Yeah, did that quick math
*Pilot *is a high volume hub for truckers and travelers, and locals in the know
Best price of fuel in the area
…….and they have a built in* Subway, *and clean showers and restrooms
But, yeah, that return has gotta be pretty long range
And those units (two per facility....six different flavors) have gotta hold up
I tend to promote it when I see someone getting coffee from their more normal (flat tasting) urns.
I mean it's the same price
Some watch me use it, and see there's really not much mystery to using it
Set yer cup under
Select cup size
Select flavor
Hit GO
Wait a bit

Others...... remain steadfast to what they don't know


----------



## Gary O' (May 27, 2020)

MarciKS said:


> Too rich for my blood Gary


It is for me, too
Unless I'm on the road
I use it as a treat for driving 50mi to town


----------



## Camper6 (May 27, 2020)

RadishRose said:


> Starbucks is my favorite. I use the pour-over method now, with the cone.
> 
> Awhile back I was using the Aeropress, It made the best coffee I've ever had!
> 
> ...


The press is hard to clean but it does make a good cup of coffe. At one time I saved the grounds to spread around acid loving plants.
Hydrangeas kept their color.


----------



## JimBob1952 (May 27, 2020)

Gary O' said:


> OK, I know this has prolly been beat to death, but I got tired of scrolling to find the thread
> 
> Anyhoo, I'm pretty much a coffee nut
> Gotta have it
> ...



Old WWII joke from Guadalcanal Diary:

Customer to cigarette salesman:  Did you know your cigarettes are half tobacco and half dung?  
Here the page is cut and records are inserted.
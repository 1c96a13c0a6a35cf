-- ===== src/Client/Chat/Table.antt =====
-- The table Message of client/db.go: a finite map from IDs to messages.
use scalability_engineering.Prelude.{
  ◌≡◌, refl, Bool, true, false, ◌&&◌, Option, none, some, List, [], ◌∷◌, ◌++◌, String,
  string_discrete, str_eq, str_eq_iff, arith, ite, Bool-cases, inl, inr,
}
use scalability_engineering.Client.Chat.{Message, Tables, valid_status, without, rcv_message}

-- The message with an ID.
abbrev pub stored : String → List Message → Option Message
stored id [] = none
stored id (m ∷ ms) = ite (string_discrete m.message_id id) (some m) (stored id ms)

-- No ID is there twice, and each status is one of the three.
pub data IsTable : List Message → Type 0 where
  no_rows : IsTable []
  row :
      {m : Message} {ms : List Message}
      → stored m.message_id ms ≡ none
      → valid_status m.status ≡ true
      → IsTable ms
      → IsTable (m ∷ ms)

stored-without :
    (id j : String) (ms : List Message)
    → stored j (without id ms) ≡ ite (string_discrete id j) none (stored j ms)
unfolding without
stored-without id j [] = ground arith
stored-without id j (m ∷ ms) = ground (arith, stored-without id j ms, str_eq_iff m.message_id id)

stored-concat :
    (j : String) (ms : List Message) (m : Message)
    → stored m.message_id ms ≡ none
    → stored j (ms ++ m ∷ []) ≡ ite (string_discrete m.message_id j) (some m) (stored j ms)
stored-concat j [] m h = refl
stored-concat j (x ∷ ms) m h = ground (arith, stored-concat j ms m)

without-IsTable : (id : String) (ms : List Message) → IsTable ms → IsTable (without id ms)
unfolding without
without-IsTable id [] t = no_rows
without-IsTable id (m ∷ ms) (row new valid t) = elim (Bool-cases (str_eq m.message_id id)) [
  | inl e ↦ rw (e, without) (without-IsTable id ms t)
  | inr e ↦
      rw (e, without)
        (row (ground (arith, stored-without id m.message_id ms)) valid (without-IsTable id ms t))
]

concat-IsTable :
    (ms : List Message) (m : Message)
    → stored m.message_id ms ≡ none
    → valid_status m.status ≡ true
    → IsTable ms
    → IsTable (ms ++ m ∷ [])
concat-IsTable [] m h v t = row refl v no_rows
concat-IsTable (x ∷ ms) m h v (row new valid t) =
    row (ground (arith, stored-concat x.message_id ms m)) valid
      (concat-IsTable ms m (ground arith) v t)

-- The tables after an attempt to store a message, and whether there was no error.
pub data Received (works : Bool) (db : Tables) (msg : Message) : Tables × Bool → Type 0 where
  rejected : (works && valid_status msg.status) ≡ false → Received works db msg (db, false)
  kept :
      {db' : Tables}
      → (works && valid_status msg.status) ≡ true
      → IsTable db'.messages
      → ((j : String)
          → stored j db'.messages
            ≡ ite (string_discrete msg.message_id j) (some msg) (stored j db.messages))
      → db'.contacts ≡ db.contacts
      → Received works db msg (db', true)

-- RcvMessage returns an error and changes nothing exactly if SQLite fails or the status is not one
-- of the three. Otherwise the message is stored at its ID, in place of what stood there, all other
-- messages and the contacts stay, and no ID is there twice, if none was before.
pub rcv_message-Received :
    (works : Bool) (db : Tables) (msg : Message)
    → IsTable db.messages
    → Received works db msg (rcv_message works db msg)
unfolding rcv_message
rcv_message-Received false db msg t = rejected refl
rcv_message-Received true db msg t = elim (Bool-cases (valid_status msg.status)) [
  | inl e ↦
      rw (e, rcv_message)
        (kept e
          (concat-IsTable (without msg.message_id db.messages) msg (gone msg.message_id) e
            (without-IsTable msg.message_id db.messages t))
          (λ j. after j) refl)
  | inr e ↦ rw (e, rcv_message) (rejected e)
]
  where
    gone : (id : String) → stored id (without id db.messages) ≡ none
    gone id = ground (arith, stored-without id id db.messages)

    after :
        (j : String)
        → stored j (without msg.message_id db.messages ++ msg ∷ [])
          ≡ ite (string_discrete msg.message_id j) (some msg) (stored j db.messages)
    after j = ground (
      arith,
      stored-concat j (without msg.message_id db.messages) msg (gone msg.message_id),
      stored-without msg.message_id j db.messages,
    )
Salesman:  Gee, now I'll be more enthusiastic about them than ever.  I thought they were all dung!


----------



## win231 (May 27, 2020)

I get whole bean "Seattle's Best Post Alley."  I only like bold dark roast.


----------



## Lakeland living (May 27, 2020)

Gardenlover said:


> Day old ain't bad either.


Day old nuked in a nuker day after also very good.


----------



## 911 (May 27, 2020)

McDonald’s——straight Black.


----------



## Giantsfan1954 (May 27, 2020)

Probably get ran out of town
DD,decaf,french vanilla creamer from a Keurig mini into my Giants to go cup


----------



## Lakeland living (May 27, 2020)

Gary O' said:


> Coffee on the road;
> 
> McD's has good coffee
> ...and it's just a buck
> ...


Sounds like a nice treat once in a while...  Not too many places around here have coffee worth drinking....
BUT I have a thermos works jest fine....


----------



## Meanderer (May 27, 2020)

@Gary O'  - What a refreshing thread!  Coffee, the ultimate comfort, morning brew!  We all know that there are only two correct ways to drink coffee....your way, and my way!  Our long-time favorite has been 100% Colombian, medium dark.  Any brand, but currently drinking the Giant Eagle brand.  
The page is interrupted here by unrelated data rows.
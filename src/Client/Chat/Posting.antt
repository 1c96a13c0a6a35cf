-- ===== src/Client/Chat/Posting.antt =====
-- What the chat of a client makes of a message that another one posts, and how a POST gets there.
use Prim.Native.String.{◌++◌ as concat}
use scalability_engineering.Prelude.{
  ℕ, ◌≤◌, ◌≡◌, Bool, true, false, not, ◌||◌, Option, none, some, String, str_eq, if◌then◌else◌,
  arith, if-either, ◌&&◌,
}
use scalability_engineering.Handlers.{Request}
use scalability_engineering.Client.Chat.{
  Message, Tables, ChatWorld, rcv_message, message_handler, valid_status,
}
use scalability_engineering.Client.Chat.Table.{IsTable, Received, rcv_message-Received}

-- A POST with this body.
abbrev pub posted : String → Request
posted body = record { method = "POST"; form = none; body = some body }

-- What a message handler turns down: a message without a sender, an ID or a text, or one that is not
-- stored, for an error or a status that is none of the three.
abbrev pub is_turned_down : Bool → Message → Bool
is_turned_down works msg =
    (str_eq msg.sender_id "" || str_eq msg.message_id "" || str_eq msg.message "")
    || not (works && valid_status msg.status)

-- What the receiver makes of it: it takes the message, or leaves its tables as they are.
pub data Taken (works : Bool) (db : Tables) (msg : Message) : Tables × ℕ → Type 0 where
  left :
      {status : ℕ}
      → 400 ≤ status
      → is_turned_down works msg ≡ true
      → Taken works db msg (db, status)
  taken : {db' : Tables} → Received works db msg (db', true) → Taken works db msg (db', 200)

answered :
    (works : Bool) (db : Tables) (msg : Message) (r : Tables × Bool)
    → Received works db msg r
    → Taken works db msg (r.0, if r.1 then 200 else 500)
answered works db msg r (Received.rejected e) = left (omega arith) (ground (arith, e))
answered works db msg r (Received.kept e t f g) = taken (Received.kept e t f g)

-- A request with a body that is a message with a time and a status is answered with 200 just when
-- the message is stored as it is; else nothing changes.
pub message_handler-Taken :
    (decode : String → Option Message) (now : String) (works : Bool) (db : Tables) (body : String)
    (msg : Message)
    → IsTable db.messages
    → decode body ≡ some msg
    → str_eq msg.timestamp "" ≡ false
    → str_eq msg.status "" ≡ false
    → Taken works db msg (message_handler decode now works db (posted body))
unfolding message_handler
message_handler-Taken decode now works db body msg t e p q =
    rw (e, p, q)
      (if-either (Taken works db msg)
        (str_eq msg.sender_id "" || str_eq msg.message_id "" || str_eq msg.message "")
        (λ h. left (omega arith) (ground (arith, h)))
        (λ _.
          answered works db msg (rcv_message works db msg) (rcv_message-Received works db msg t)))

-- What becomes of a POST at a URL: it does not get there, it does and the answer gets lost, or both
-- arrive.
pub data Fate : Type 0 where
  is_lost loses_answer arrives : Fate

-- The client at a URL: `works` and `now` are its own.
abbrev pub reaches :
    (String → Option Message) → String → Bool → Fate → Tables → String → Tables × Option ℕ
reaches decode now works fate db body =
    let (db', status) = message_handler decode now works db (posted body) in
    elim fate [ is_lost ↦ (db, none) | loses_answer ↦ (db', none) | arrives ↦ (db', some status) ]

-- The world of a client from which a POST reaches the message handler at its URL, as the network has
-- it.
abbrev pub chat_world :
    (message_id timestamp : String)
    → (Message → Option String)
    → (String → Option Message)
    → (now : String) (works : Bool) → (String → Fate)
    → ChatWorld Tables
chat_world message_id timestamp marshal decode now works network = record {
  message_id = message_id;
  timestamp = timestamp;
  marshal = marshal;
  post = λ db url body. reaches decode now works (network url) db body;
}

-- Where the client on a host takes messages.
abbrev pub message_url : String → String
message_url host = concat "http://" (concat host ":9090/chat/message")
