-- ===== src/Client/Chat/Delivery.antt =====
-- A message on its way from the chat of one client to that of another.
use scalability_engineering.Prelude.{
  ℕ, ◌≡◌, refl, Bool, true, false, not, ◌||◌, Option, none, some, String, string_discrete, str_eq,
  Returns, returns, Returns-if, if◌then◌else◌, ◌==◌, arith, if-either, option-split,
}
use scalability_engineering.HashMap
use scalability_engineering.HashMap.View.{get-view}
use scalability_engineering.ClientManager
use scalability_engineering.ClientManager.{ClientIdentity}
use scalability_engineering.Handlers.{Request}
use scalability_engineering.Client.{Client}
use scalability_engineering.Client.Chat.{
  Message, Tables, ChatWorld, rcv_message, message_handler, message_to, deliver, valid_status,
  send_message_handler,
}
use scalability_engineering.Client.Chat.Table.{IsTable, Received, rcv_message-Received}
use scalability_engineering.Client.Chat.Posting.{
  posted, is_turned_down, Taken, message_handler-Taken, Fate, is_lost, loses_answer, arrives,
  chat_world, message_url,
}

-- Why a request to send cannot be served: it has no form, no contact or no text, or the contact is
-- unknown or has no host.
pub data IsUnsendable (c : Client) (r : Request) : Type 0 where
  no_form : r.form ≡ none → IsUnsendable c r
  blank :
      (value : String → String)
      → r.form ≡ some value
      → (str_eq (value "contact") "" || str_eq (value "message") "") ≡ true
      → IsUnsendable c r
  unknown :
      (value : String → String)
      → r.form ≡ some value
      → HashMap.view string_discrete c.manager.hash_map (value "contact") ≡ none
      → IsUnsendable c r
  homeless :
      (value : String → String) (identity : ClientIdentity)
      → r.form ≡ some value
      → HashMap.view string_discrete c.manager.hash_map (value "contact") ≡ some identity
      → str_eq identity.hostname "" ≡ true
      → IsUnsendable c r

-- The request is to send `text` to the known client `target` on `host`.
pub data Addressed (c : Client) (r : Request) : String → String → String → Type 0 where
  addressed :
      (value : String → String) (identity : ClientIdentity)
      → r.form ≡ some value
      → HashMap.view string_discrete c.manager.hash_map (value "contact") ≡ some identity
      → Addressed c r (value "contact") (value "message") identity.hostname

module _ (message_id timestamp : String) (marshal : Message → Option String)
    (decode : String → Option Message) (now : String) (saves takes : Bool) (network : String → Fate)
    (c : Client) (here there : Tables) (r : Request) where
  abbrev world : ChatWorld Tables
  world = chat_world message_id timestamp marshal decode now takes network

  -- The message that goes out, and the copy that is kept.
  abbrev sent_to : String → String → Message
  sent_to target text = message_to world c "received" target text

  abbrev kept_of : String → String → Message
  kept_of target text = message_to world c "sent" target text

  -- How an attempt to send ends, with the tables of both clients.
  pub data Delivery : Tables × Tables × ℕ → Type 0 where
    unsendable : IsUnsendable c r → Delivery (here, there, 400)
    unencoded :
        {target text host : String}
        → Addressed c r target text host
        → marshal (sent_to target text) ≡ none
        → Delivery (here, there, 500)
    lost :
        {target text host : String}
        → Addressed c r target text host
        → network (message_url host) ≡ is_lost
        → Delivery (here, there, 502)
    turned_down :
        {target text host : String}
        → Addressed c r target text host
        → is_turned_down takes (sent_to target text) ≡ true
        → Delivery (here, there, 502)
    -- the receiver has it, and the sender does not know
    unacknowledged :
        {target text host : String} {there' : Tables}
        → Addressed c r target text host
        → network (message_url host) ≡ loses_answer
        → Received takes there (sent_to target text) (there', true)
        → Delivery (here, there', 502)
    -- the receiver has it, the sender has no copy
    unsaved :
        {target text host : String} {there' : Tables}
        → Addressed c r target text host
        → network (message_url host) ≡ arrives
        → Received takes there (sent_to target text) (there', true)
        → saves ≡ false
        → Delivery (here, there', 500)
    -- both have it
    delivered :
        {target text host : String} {here' there' : Tables}
        → Addressed c r target text host
        → network (message_url host) ≡ arrives
        → Received takes there (sent_to target text) (there', true)
        → Received saves here (kept_of target text) (here', true)
        → Delivery (here', there', 200)

  module _ {target text host : String} (to : Addressed c r target text host) where
    saved :
        (there' : Tables) (s : Tables × Bool)
        → network (message_url host) ≡ arrives
        → Received takes there (sent_to target text) (there', true)
        → Received saves here (kept_of target text) s
        → Delivery (if s.1 then (s.0, there', 200) else (s.0, there', 500))
    unfolding valid_status message_to
    saved there' s n got (Received.rejected e) = unsaved to n got (ground (arith, e))
    saved there' s n got (Received.kept e t f g) = delivered to n got (Received.kept e t f g)

    -- The end of the handler, by what the receiver made of the message and the fate of the POST.
    replied :
        (a : Tables × ℕ) (s : Tables × Bool) (fate : Fate)
        → network (message_url host) ≡ fate
        → Taken takes there (sent_to target text) a
        → Received saves here (kept_of target text) s
        → Delivery (
            let (there', reply) = elim fate as (λ _. Tables × Option ℕ) [
              | is_lost ↦ (there, none)
              | loses_answer ↦ (a.0, none)
              | arrives ↦ (a.0, some a.1)
            ] in
            elim reply [
              | none ↦ (here, there', 502)
              | some status ↦
                  if not (status == 200)
                  then (here, there', 502)
                  else if s.1
                  then (s.0, there', 200)
                  else (s.0, there', 500)
            ])
    replied a s is_lost n t k = lost to n
    replied a s loses_answer n (Taken.left low why) k = turned_down to why
    replied a s loses_answer n (Taken.taken got) k = unacknowledged to n got
    replied a s arrives n (Taken.left {status} low why) k =
        let t : (status == 200) ≡ false = ground arith in rw (t) (turned_down to why)
    replied a s arrives n (Taken.taken got) k = saved _ s n got k

    deliver-Delivery :
        (json : String)
        → IsTable here.messages
        → IsTable there.messages
        → str_eq timestamp "" ≡ false
        → decode json ≡ some (sent_to target text)
        → Delivery (deliver world saves c here there target host text json)
    unfolding deliver message_to
    deliver-Delivery json s t p e =
        replied (message_handler decode now takes there (posted json))
          (rcv_message saves here (kept_of target text)) (network (message_url host)) refl
          (message_handler-Taken decode now takes there json (sent_to target text) t e p refl)
          (rcv_message-Received saves here (kept_of target text) s)

  -- A client whose map is valid sends a message to a contact, whose message handler its POST reaches
  -- by the URL of the contact's host as the network has it. If the time is not empty and an encoded
  -- message decodes to itself, then the handler ends without a panic, and: a request without a form, a
  -- known contact with a host, or a text is answered with 400; a message that cannot be encoded with
  -- 500, one that gets lost or is turned down with 502, and nobody stores it; if only the answer gets
  -- lost, the receiver stores it, with the status "received", and it is 502; if both arrive, the
  -- receiver stores it and so does the sender, with the status "sent", and it is 200, or the sender's
  -- tables fail, and it is 500.
  pub send_message_handler-Delivery :
      HashMap.IsValid string_discrete c.manager.hash_map
      → IsTable here.messages
      → IsTable there.messages
      → str_eq timestamp "" ≡ false
      → ((m : Message) (json : String) → marshal m ≡ some json → decode json ≡ some m)
      → Returns Delivery (send_message_handler world saves c here there r)
  unfolding send_message_handler ClientManager.get_client
  send_message_handler-Delivery valid s t p back =
      option-split (Returns Delivery) r.form (λ f. returns (unsendable (IsUnsendable.no_form f)))
        λ value f.
          Returns-if (str_eq (value "contact") "" || str_eq (value "message") "")
            (λ b. returns (unsendable (IsUnsendable.blank value f b)))
            λ _. rw (get-view string_discrete c.manager.hash_map valid (value "contact")) (
              returns (
                option-split Delivery
                  (HashMap.view string_discrete c.manager.hash_map (value "contact"))
                  (λ v. unsendable (IsUnsendable.unknown value f v))
                  λ identity v.
                    if-either Delivery (str_eq identity.hostname "")
                      (λ h. unsendable (IsUnsendable.homeless value identity f v h))
                      λ _.
                        option-split Delivery
                          (marshal (sent_to (value "contact") (value "message")))
                          (λ m. unencoded (addressed value identity f v) m)
                          λ json m.
                            deliver-Delivery (addressed value identity f v) json s t p
                              (back _ json m)))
We have a small coffee corner set up behind the Microwave in the pass-thru.  Our Black & Decker Coffee Maker wakes begins at 5:45 AM and we wake to the "smell and gurgle" of the coffee.  We have an 8 cup electric percolator circa 1940, and a newer "stove-top" or campfire 8 cup percolator.  We sometimes will grind some beans for a special occasion.   In the afternoon, we indulge in  some retro Nescafe Clasico Dark Roast Instant coffee in Owl mugs.  The less fussy the better.  We were pleasantly surprised with the good taste of the Nescafe!


----------



## Meanderer (May 27, 2020)




----------



## Lethe200 (May 28, 2020)

Extremely strong, espresso style roast, extra fine grind. Chemex-style drip (aka pour-over) using only Chemex filters because cheap paper filters break and drip through too fast. No sugar or dairy.

The first time my soon-to-be spouse put sugar and cream in my coffee I almost dropped him from my contacts then and there. And he ate his meat well-done, too! I blame it all on his parents, LOL. Took me several years to get him to 'see the light'. 
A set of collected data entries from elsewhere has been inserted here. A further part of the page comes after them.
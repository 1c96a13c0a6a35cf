-- ===== src/Client/Contacts.antt =====
-- The list of contacts of the chat: GetContactsWithLastMessage of client/db.go, and
-- GetAllContactMessages and GetContactsWithNames of client/main.go.
pub mod Complete
pub mod Overview
use Prim.Native.String.{compare}
use text.Mathlib.Text.{is_lt}
use scalability_engineering.Prelude.{
  Bool, true, false, not, ◌||◌, Option, none, some, List, [], ◌∷◌, ◌++◌, String, str_eq, Run, ok,
  ◌>>=◌, if◌then◌else◌,
}
use scalability_engineering.ClientManager.{ClientIdentity}
use scalability_engineering.Client.{Client}
use scalability_engineering.Client.Chat.{
  Message, Contact, Tables, add_contact, get_contacts_from_queue,
}

pub record ContactWithLastMessage : Type 0 where
  pub contact : Contact
  pub last_message : Option Message

pub record ContactMessages : Type 0 where
  pub contact : String
  pub contact_name : String
  pub messages : List Message

-- The messages of `me` whose other side is `id`.
unfoldable pub messages_with : String → String → List Message → List Message
messages_with me id [] = []
messages_with me id (m ∷ ms) =
    let rest = messages_with me id ms in
    let contact_id = if str_eq m.sender_id me then m.receiver_id else m.sender_id in
    if str_eq m.sender_id me || str_eq m.receiver_id me
    then (if str_eq contact_id id then m ∷ rest else rest)
    else rest

-- The join; `newest` is the row that ROW_NUMBER puts first, `none` if there is no row.
unfoldable pub join_messages :
    (List Message → Option Message)
    → String
    → List Message
    → List Contact
    → List ContactWithLastMessage
unfolding messages_with
join_messages newest me ms [] = []
join_messages newest me ms (c ∷ cs) =
    record { contact = c; last_message = newest (messages_with me c.container_id ms) }
    ∷ join_messages newest me ms cs

-- `order` is the ORDER BY of the query.
unfoldable pub get_contacts_with_last_message :
    (List Message → Option Message)
    → (List ContactWithLastMessage → List ContactWithLastMessage)
    → Bool
    → Tables
    → String
    → Option (List ContactWithLastMessage)
unfolding join_messages
get_contacts_with_last_message newest order works db me =
    if not works then none else some (order (join_messages newest me db.messages db.contacts))

-- The first loop of GetAllContactMessages.
unfoldable pub db_contacts : List ContactWithLastMessage → List ContactMessages
db_contacts [] = []
db_contacts (row ∷ rows) =
    record {
      contact = row.contact.container_id;
      contact_name = row.contact.name;
      messages = elim row.last_message [ none ↦ [] | some m ↦ m ∷ [] ];
    }
    ∷ db_contacts rows

-- `contactMap`, which has the contacts of the first loop only.
unfoldable pub in_map : String → List ContactMessages → Bool
in_map id [] = false
in_map id (c ∷ cs) = str_eq c.contact id || in_map id cs

-- The second loop: what it appends, and the tables. An error of AddContact is only printed.
unfoldable pub queue_contacts :
    Bool → List ContactMessages → Tables → List ClientIdentity → Tables × List ContactMessages
unfolding in_map
queue_contacts works known db [] = (db, [])
queue_contacts works known db (c ∷ cs) =
    let contact : Contact = record {
      container_id = c.container_id;
      name = c.name;
      hostname = c.hostname;
    } in
    let listed : ContactMessages = record {
      contact = c.container_id;
      contact_name = c.name;
      messages = [];
    } in
    let seen = in_map c.container_id known in
    let db' : Tables = if seen then db else (add_contact works db contact).0 in
    let (db'', rest) = queue_contacts works known db' cs in
    (db'', if seen then rest else listed ∷ rest)

-- The test that is passed to sort.Slice. Each contact has at most one message here.
unfoldable pub comes_first : ContactMessages → ContactMessages → Bool
comes_first a b = elim a.messages [
  | [] ↦ elim b.messages [ [] ↦ is_lt (compare a.contact b.contact) | _ ∷ _ ↦ false ]
  | x ∷ _ ↦ elim b.messages [
    | [] ↦ true
    | y ∷ _ ↦
        if str_eq x.timestamp y.timestamp
        then is_lt (compare a.contact b.contact)
        else is_lt (compare y.timestamp x.timestamp)
  ]
]

-- `works` is for the query, `writes` for AddContact, and `sort` is sort.Slice with `comes_first`.
unfoldable pub get_all_contact_messages :
    (List Message → Option Message)
    → (List ContactWithLastMessage → List ContactWithLastMessage)
    → (List ContactMessages → List ContactMessages)
    → (works writes : Bool) → Client
    → Tables
    → Run (Option (Tables × List ContactMessages))
unfolding get_contacts_with_last_message db_contacts queue_contacts
get_all_contact_messages newest order sort works writes c db =
    elim (get_contacts_with_last_message newest order works db c.identity.container_id) [
      | none ↦ ok none
      | some rows ↦ do
        let known = db_contacts rows
        contacts ← get_contacts_from_queue c
        let added = queue_contacts writes known db contacts
        ok (some (added.0, sort (known ++ added.1)))
    ]

unfoldable pub names_with : List ClientIdentity → List (String × String)
names_with [] = []
names_with (c ∷ cs) = (c.container_id, c.name) ∷ names_with cs

unfoldable pub get_contacts_with_names : Client → Run (List (String × String))
unfolding names_with
get_contacts_with_names c = do contacts ← get_contacts_from_queue c; ok (names_with contacts)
Peet's is the most convenient to us, but the quality of their coffee has gone steadily downhill. Illy (Italian brand) or Mr. Espresso (local brand) are better. We love the artisanal Flying Goat Coffee Roasters but they are only located in Sonoma County, CA and we can't get them where we live. 

We are always excited if we're dining out and the restaurant offers either Turkish, Greek, or Arabic coffee.  We like it with or without the traditional cardamon - thick, black as pitch, "strong enough to make men weep."


----------



## Buckeye (May 28, 2020)

Ka'u Coffee.  I lived on the Big Island for a couple of years, and love Kona coffee, but once I found this small grower I made the switch.  It was about 25 miles from my house, and it made for a nice little ride on the Harley to their retail shop to pick up a little piece of heaven.  Sent a lot of it to friends on the mainland.  Sadly, I have switched to a Keurig machine, so I have switched to a Green Mountain blend until I am ready to place another order on line.

Ka'u Coffee Mill

edited to add: I also follow them on FB

edited again to add: What the hell, since I had their website open, I ordered 3 boxes of K cups, medium roast.


----------



## Gary O' (May 28, 2020)

Lots different ways



Meanderer said:


> We all know that there are only two correct ways to drink coffee....your way, and my way!


----------



## Meanderer (May 28, 2020)

Old Time Practice: Drinking Coffee from Saucers

"Though saucers were invented during the medieval times, it became popular to serve them with a cup of hot beverages during the colonial America period in an effort to allow those drinking the tea or coffee to not burn their mouth — the person being served the saucer and coffee cup would separate the two and pour small amounts of the beverage into the saucer plate.  The thin layer of steamy drink would then cool considerably faster than the beverage contained in the cup, allowing the person drinking to enjoy warm but not scalding coffee".


----------



## Lakeland living (May 28, 2020)

Life here is good, great view watching the sun work its way up the sky.  Coffee is steaming hot and tasting great.
   The air is incredibly fresh this morning, humming birds buzzing all over lol.  They seem to be looking at me as much as 
I am looking at them.


----------



## Meanderer (May 28, 2020)




----------



## Happyflowerlady (Jun 4, 2020)

I really like flavored coffee, and my favorite is probably the Coffee Fool brand on Amazon.  They usually have some flavors (and regular brew, too) on sale ; so when I order my coffee, I do the search by price from low to high, and see what is at the low end closeout that sounds good to me. 
If they do not have any good sales, then I just do a search for flavored coffee, and choose from whatever is available that looks good, and is on clearance price. 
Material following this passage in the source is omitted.